Anemia coexisting with Gaucher disease (GD) is often associated with non-hemolytic processes. Few cases of GD with autoimmune hemolytic anemia have been reported. However, literature on GD with concomitant nonimmune hemolytic anemia is scarce. A 1-year 6-month-old male child presented in 2018 with complaints of palpable mass in left upper abdomen, fever, cough, and vomiting. On examination, he had pallor, hepatosplenomegaly of 2 cm and 8 cm below costal margin, respectively. A clinical diagnosis of hemolytic anemia was suspected.

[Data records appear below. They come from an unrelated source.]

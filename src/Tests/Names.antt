-- ===== src/Tests/Names.antt =====
-- Names, profiles, buffers and waits.
use zenoh_ros2_nostd.Common.{
  ℕ, ◌+◌, ◌*◌, ◌^◌, ◌≤◌, ◌<◌, ◌≡◌, refl, min, List, [], ◌∷◌, true, none, some, length, arith, ok,
  err,
}
use zenoh_ros2_nostd.Session.Reconnect.{ReconnectPolicy, policy, reset_policy, should_retry}
use zenoh_ros2_nostd.Session.Reconnect.Delays.{advanced, wait_and_advance-delays}
use zenoh_ros2_nostd.Pool.{BufferPool, acquire, release, available}
use zenoh_ros2_nostd.Pool.Count.{IsValid, acquire-available, release-available}
use zenoh_ros2_nostd.Ros2.Keyexpr.{TopicKeyExpr, build_topic_key_expr, to_key_expr}
use zenoh_ros2_nostd.Ros2.Keyexpr.Image.{key_image, fitting, build_topic_key_expr-key_image}
use zenoh_ros2_nostd.Ros2.Qos.{Qos, is_compatible, best_effort, reliable, volatile, keep_last}
use zenoh_ros2_nostd.Ros2.Qos.Compatible.{Serves, is_compatible-Serves}

wait_and_advance-delays_example :
    (p : ReconnectPolicy) × (advanced 3 (policy 1_000 30_000) ≡ ok p)
    × (p.current_delay_ms ≡ min (1_000 * 2 ^ 3) 30_000)
    × (p.attempt_count ≡ 3)
    × (should_retry p ≡ true)
    × (reset_policy p ≡ policy 1_000 30_000)
wait_and_advance-delays_example =
    wait_and_advance-delays 1_000 30_000 3 (omega arith) (omega arith) (omega arith)

abbrev half : BufferPool
half = none ∷ some [] ∷ []

acquire-available_example :
    let (answer, after) = acquire half in
    IsValid after
    × (length after ≡ length half)
    × ((available half ≡ 0) → (answer ≡ none) × (after ≡ half))
    × ((1 ≤ available half) → (answer ≡ some []) × (available after + 1 ≡ available half))
acquire-available_example = acquire-available half (tt, (refl, tt))

release-available_example :
    let (answer, after) = release (1 ∷ []) half in
    IsValid after
    × (length after ≡ length half)
    × ((available half ≡ length half) → (answer ≡ err []) × (after ≡ half))
    × ((available half < length half) → (answer ≡ ok tt) × (available after ≡ available half + 1))
release-available_example = release-available (1 ∷ []) half (tt, (refl, tt))

abbrev letter : List ℕ
letter = b'a' ∷ []

abbrev chatter : TopicKeyExpr
chatter = record {
  domain_id = 42;
  topic_name = b'/' ∷ b'c' ∷ [];
  type_name = b't' ∷ [];
  type_hash = b'h' ∷ [];
}

build_topic_key_expr-key_image_example :
    (build_topic_key_expr 42 (b'd' ∷ []) (b't' ∷ []) (b'h' ∷ [])
      ≡ fitting (key_image 42 (b'd' ∷ []) (b't' ∷ []) (b'h' ∷ [])))
    × (to_key_expr (record chatter { topic_name = b'd' ∷ [] })
        ≡ fitting (key_image 42 (b'd' ∷ []) (b't' ∷ []) (b'h' ∷ [])))
    × (build_topic_key_expr 42 (b'/' ∷ b'c' ∷ []) (b't' ∷ []) (b'h' ∷ [])
        ≡ fitting (key_image 42 (b'c' ∷ []) (b't' ∷ []) (b'h' ∷ [])))
    × (to_key_expr chatter ≡ fitting (key_image 42 (b'c' ∷ []) (b't' ∷ []) (b'h' ∷ [])))
build_topic_key_expr-key_image_example =
    build_topic_key_expr-key_image 42 (b'd' ∷ []) (b'c' ∷ []) (b't' ∷ []) (b'h' ∷ []) (omega arith)
      (λ e. cc)

abbrev sensor : Qos
sensor = record { reliability = best_effort; durability = volatile; history = keep_last 5 }

abbrev standard : Qos
standard = record { reliability = reliable; durability = volatile; history = keep_last 10 }

is_compatible-Serves_example :
    (is_compatible standard sensor ≡ true → Serves standard sensor)
    × (Serves standard sensor → is_compatible standard sensor ≡ true)
is_compatible-Serves_example = is_compatible-Serves standard sensor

Complete blood count revealed Hb---6.7 g/dL, TLC---8.9 × 103/mL, platelet count---180 × 103/mL. Peripheral smear showed predominantly microcytic hypochromic anemia with moderate degree of anisocytosis, many nucleated red blood cells, few schistocytes, polychromatophils and corrected reticulocyte count 7.89%. S. Bilirubin was 1.1 mg/dL. Hb high-performance liquid chromatography (HPLC) of the child and his parents was within normal limit. Hematological work up revealed negative results for direct Coombs' test, osmotic fragility test, and sickling test. Test for Glucose-6-phosphate dehydrogenase deficiency was positive (39 units/trillion RBC, normal 146--376). He was transfused intermittently and given steroids to manage his anemia. He was on regular follow up during which his blood counts revealed persistent anemia and thrombocytopenia. In view of this, bone marrow was performed to exclude myelofibrosis. Aspirate smears were cellular and showed normoblastic erythroid hyperplasia. Numerous large histiocytes with basophilic fibrillary cytoplasm exhibiting "crumpled tissue paper" appearance were seen. Similar findings were seen on bone marrow trephine biopsy. Genetic testing revealed pathogenic variations in the GBA gene. Beta glucosidase enzyme levels were low while chitotriosidase was raised (1109.19 nmol/hr/mL). A final diagnosis of G6PD with GD was made. The present study shows rare association of GD with Glucose-6-phosphate dehydrogenase deficiency.